- Exercise description -
The answer should contain all of the data, retyped without any alteration.

- Task input -
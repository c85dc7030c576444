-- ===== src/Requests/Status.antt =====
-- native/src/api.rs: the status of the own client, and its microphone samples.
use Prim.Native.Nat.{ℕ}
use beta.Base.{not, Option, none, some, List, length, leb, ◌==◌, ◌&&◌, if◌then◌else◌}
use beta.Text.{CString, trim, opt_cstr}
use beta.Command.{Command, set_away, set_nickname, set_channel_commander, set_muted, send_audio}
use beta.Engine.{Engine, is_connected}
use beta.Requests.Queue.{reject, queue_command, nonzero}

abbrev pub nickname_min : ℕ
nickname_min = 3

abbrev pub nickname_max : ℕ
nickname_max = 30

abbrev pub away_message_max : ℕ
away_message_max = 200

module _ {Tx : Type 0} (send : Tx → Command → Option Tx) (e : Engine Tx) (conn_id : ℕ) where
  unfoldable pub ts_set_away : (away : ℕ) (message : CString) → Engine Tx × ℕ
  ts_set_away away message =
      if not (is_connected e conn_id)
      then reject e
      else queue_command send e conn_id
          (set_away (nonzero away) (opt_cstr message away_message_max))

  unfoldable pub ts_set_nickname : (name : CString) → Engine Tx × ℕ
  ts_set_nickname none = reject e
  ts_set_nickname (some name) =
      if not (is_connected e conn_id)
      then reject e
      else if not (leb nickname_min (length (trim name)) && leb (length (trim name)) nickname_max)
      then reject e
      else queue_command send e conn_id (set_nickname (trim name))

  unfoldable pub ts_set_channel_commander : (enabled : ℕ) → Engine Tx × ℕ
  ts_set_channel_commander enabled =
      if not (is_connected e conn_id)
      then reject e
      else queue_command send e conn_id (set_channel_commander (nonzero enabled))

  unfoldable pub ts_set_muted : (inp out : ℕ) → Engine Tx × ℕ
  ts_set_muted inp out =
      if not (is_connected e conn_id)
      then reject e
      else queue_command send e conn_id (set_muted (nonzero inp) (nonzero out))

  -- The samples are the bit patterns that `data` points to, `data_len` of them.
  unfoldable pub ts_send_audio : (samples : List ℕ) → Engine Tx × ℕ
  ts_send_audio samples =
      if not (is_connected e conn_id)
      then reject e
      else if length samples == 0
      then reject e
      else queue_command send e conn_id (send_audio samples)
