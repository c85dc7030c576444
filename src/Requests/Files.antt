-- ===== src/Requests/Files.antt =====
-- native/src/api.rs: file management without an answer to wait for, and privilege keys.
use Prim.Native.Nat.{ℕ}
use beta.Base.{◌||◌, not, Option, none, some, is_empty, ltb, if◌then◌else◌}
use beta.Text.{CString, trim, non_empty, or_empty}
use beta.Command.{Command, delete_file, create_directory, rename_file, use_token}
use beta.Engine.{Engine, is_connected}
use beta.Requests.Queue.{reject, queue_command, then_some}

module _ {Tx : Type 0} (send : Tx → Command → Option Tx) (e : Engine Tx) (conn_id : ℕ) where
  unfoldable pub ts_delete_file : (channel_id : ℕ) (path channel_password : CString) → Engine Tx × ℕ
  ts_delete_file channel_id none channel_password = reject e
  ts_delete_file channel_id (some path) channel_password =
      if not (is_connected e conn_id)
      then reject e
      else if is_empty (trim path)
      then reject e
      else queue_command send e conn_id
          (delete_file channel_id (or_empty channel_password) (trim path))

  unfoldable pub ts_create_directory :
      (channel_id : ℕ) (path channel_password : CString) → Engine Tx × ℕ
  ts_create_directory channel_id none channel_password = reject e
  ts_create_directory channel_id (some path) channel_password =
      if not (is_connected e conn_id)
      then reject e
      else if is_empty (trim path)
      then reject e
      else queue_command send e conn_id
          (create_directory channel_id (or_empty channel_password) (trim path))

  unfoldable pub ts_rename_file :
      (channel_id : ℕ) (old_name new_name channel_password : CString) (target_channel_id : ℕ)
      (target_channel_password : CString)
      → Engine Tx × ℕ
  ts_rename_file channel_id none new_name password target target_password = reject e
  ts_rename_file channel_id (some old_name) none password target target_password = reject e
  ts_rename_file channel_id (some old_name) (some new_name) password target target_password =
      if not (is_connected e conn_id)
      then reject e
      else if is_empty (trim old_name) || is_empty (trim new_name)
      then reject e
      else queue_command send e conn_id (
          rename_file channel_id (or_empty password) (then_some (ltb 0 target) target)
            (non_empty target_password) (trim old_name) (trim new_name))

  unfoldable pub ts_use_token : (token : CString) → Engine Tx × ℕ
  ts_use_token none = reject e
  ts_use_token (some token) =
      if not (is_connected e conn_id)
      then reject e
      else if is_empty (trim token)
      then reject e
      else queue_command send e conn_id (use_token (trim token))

- Task solution -
repository c85dc7030c576444
-- ===== src/Requests/Status.antt =====
-- native/src/api.rs: the status of the own client, and its microphone samples.
use Prim.Native.Nat.{ℕ}
use beta.Base.{not, Option, none, some, List, length, leb, ◌==◌, ◌&&◌, if◌then◌else◌}
use beta.Text.{CString, trim, opt_cstr}
use beta.Command.{Command, set_away, set_nickname, set_channel_commander, set_muted, send_audio}
use beta.Engine.{Engine, is_connected}
use beta.Requests.Queue.{reject, queue_command, nonzero}

abbrev pub nickname_min : ℕ
nickname_min = 3

abbrev pub nickname_max : ℕ
nickname_max = 30

abbrev pub away_message_max : ℕ
away_message_max = 200

module _ {Tx : Type 0} (send : Tx → Command → Option Tx) (e : Engine Tx) (conn_id : ℕ) where
  unfoldable pub ts_set_away : (away : ℕ) (message : CString) → Engine Tx × ℕ
  ts_set_away away message =
      if not (is_connected e conn_id)
      then reject e
      else queue_command send e conn_id
          (set_away (nonzero away) (opt_cstr message away_message_max))

  unfoldable pub ts_set_nickname : (name : CString) → Engine Tx × ℕ
  ts_set_nickname none = reject e
  ts_set_nickname (some name) =
      if not (is_connected e conn_id)
      then reject e
      else if not (leb nickname_min (length (trim name)) && leb (length (trim name)) nickname_max)
      then reject e
      else queue_command send e conn_id (set_nickname (trim name))

  unfoldable pub ts_set_channel_commander : (enabled : ℕ) → Engine Tx × ℕ
  ts_set_channel_commander enabled =
      if not (is_connected e conn_id)
      then reject e
      else queue_command send e conn_id (set_channel_commander (nonzero enabled))

  unfoldable pub ts_set_muted : (inp out : ℕ) → Engine Tx × ℕ
  ts_set_muted inp out =
      if not (is_connected e conn_id)
      then reject e
      else queue_command send e conn_id (set_muted (nonzero inp) (nonzero out))

  -- The samples are the bit patterns that `data` points to, `data_len` of them.
  unfoldable pub ts_send_audio : (samples : List ℕ) → Engine Tx × ℕ
  ts_send_audio samples =
      if not (is_connected e conn_id)
      then reject e
      else if length samples == 0
      then reject e
      else queue_command send e conn_id (send_audio samples)
repository c85dc7030c576444
filename src/Requests/Files.antt
-- ===== src/Requests/Files.antt =====
-- native/src/api.rs: file management without an answer to wait for, and privilege keys.
use Prim.Native.Nat.{ℕ}
use beta.Base.{◌||◌, not, Option, none, some, is_empty, ltb, if◌then◌else◌}
use beta.Text.{CString, trim, non_empty, or_empty}
use beta.Command.{Command, delete_file, create_directory, rename_file, use_token}
use beta.Engine.{Engine, is_connected}
use beta.Requests.Queue.{reject, queue_command, then_some}

module _ {Tx : Type 0} (send : Tx → Command → Option Tx) (e : Engine Tx) (conn_id : ℕ) where
  unfoldable pub ts_delete_file : (channel_id : ℕ) (path channel_password : CString) → Engine Tx × ℕ
  ts_delete_file channel_id none channel_password = reject e
  ts_delete_file channel_id (some path) channel_password =
      if not (is_connected e conn_id)
      then reject e
      else if is_empty (trim path)
      then reject e
      else queue_command send e conn_id
          (delete_file channel_id (or_empty channel_password) (trim path))

  unfoldable pub ts_create_directory :
      (channel_id : ℕ) (path channel_password : CString) → Engine Tx × ℕ
  ts_create_directory channel_id none channel_password = reject e
  ts_create_directory channel_id (some path) channel_password =
      if not (is_connected e conn_id)
      then reject e
      else if is_empty (trim path)
      then reject e
      else queue_command send e conn_id
          (create_directory channel_id (or_empty channel_password) (trim path))

  unfoldable pub ts_rename_file :
      (channel_id : ℕ) (old_name new_name channel_password : CString) (target_channel_id : ℕ)
      (target_channel_password : CString)
      → Engine Tx × ℕ
  ts_rename_file channel_id none new_name password target target_password = reject e
  ts_rename_file channel_id (some old_name) none password target target_password = reject e
  ts_rename_file channel_id (some old_name) (some new_name) password target target_password =
      if not (is_connected e conn_id)
      then reject e
      else if is_empty (trim old_name) || is_empty (trim new_name)
      then reject e
      else queue_command send e conn_id (
          rename_file channel_id (or_empty password) (then_some (ltb 0 target) target)
            (non_empty target_password) (trim old_name) (trim new_name))

  unfoldable pub ts_use_token : (token : CString) → Engine Tx × ℕ
  ts_use_token none = reject e
  ts_use_token (some token) =
      if not (is_connected e conn_id)
      then reject e
      else if is_empty (trim token)
      then reject e
      else queue_command send e conn_id (use_token (trim token))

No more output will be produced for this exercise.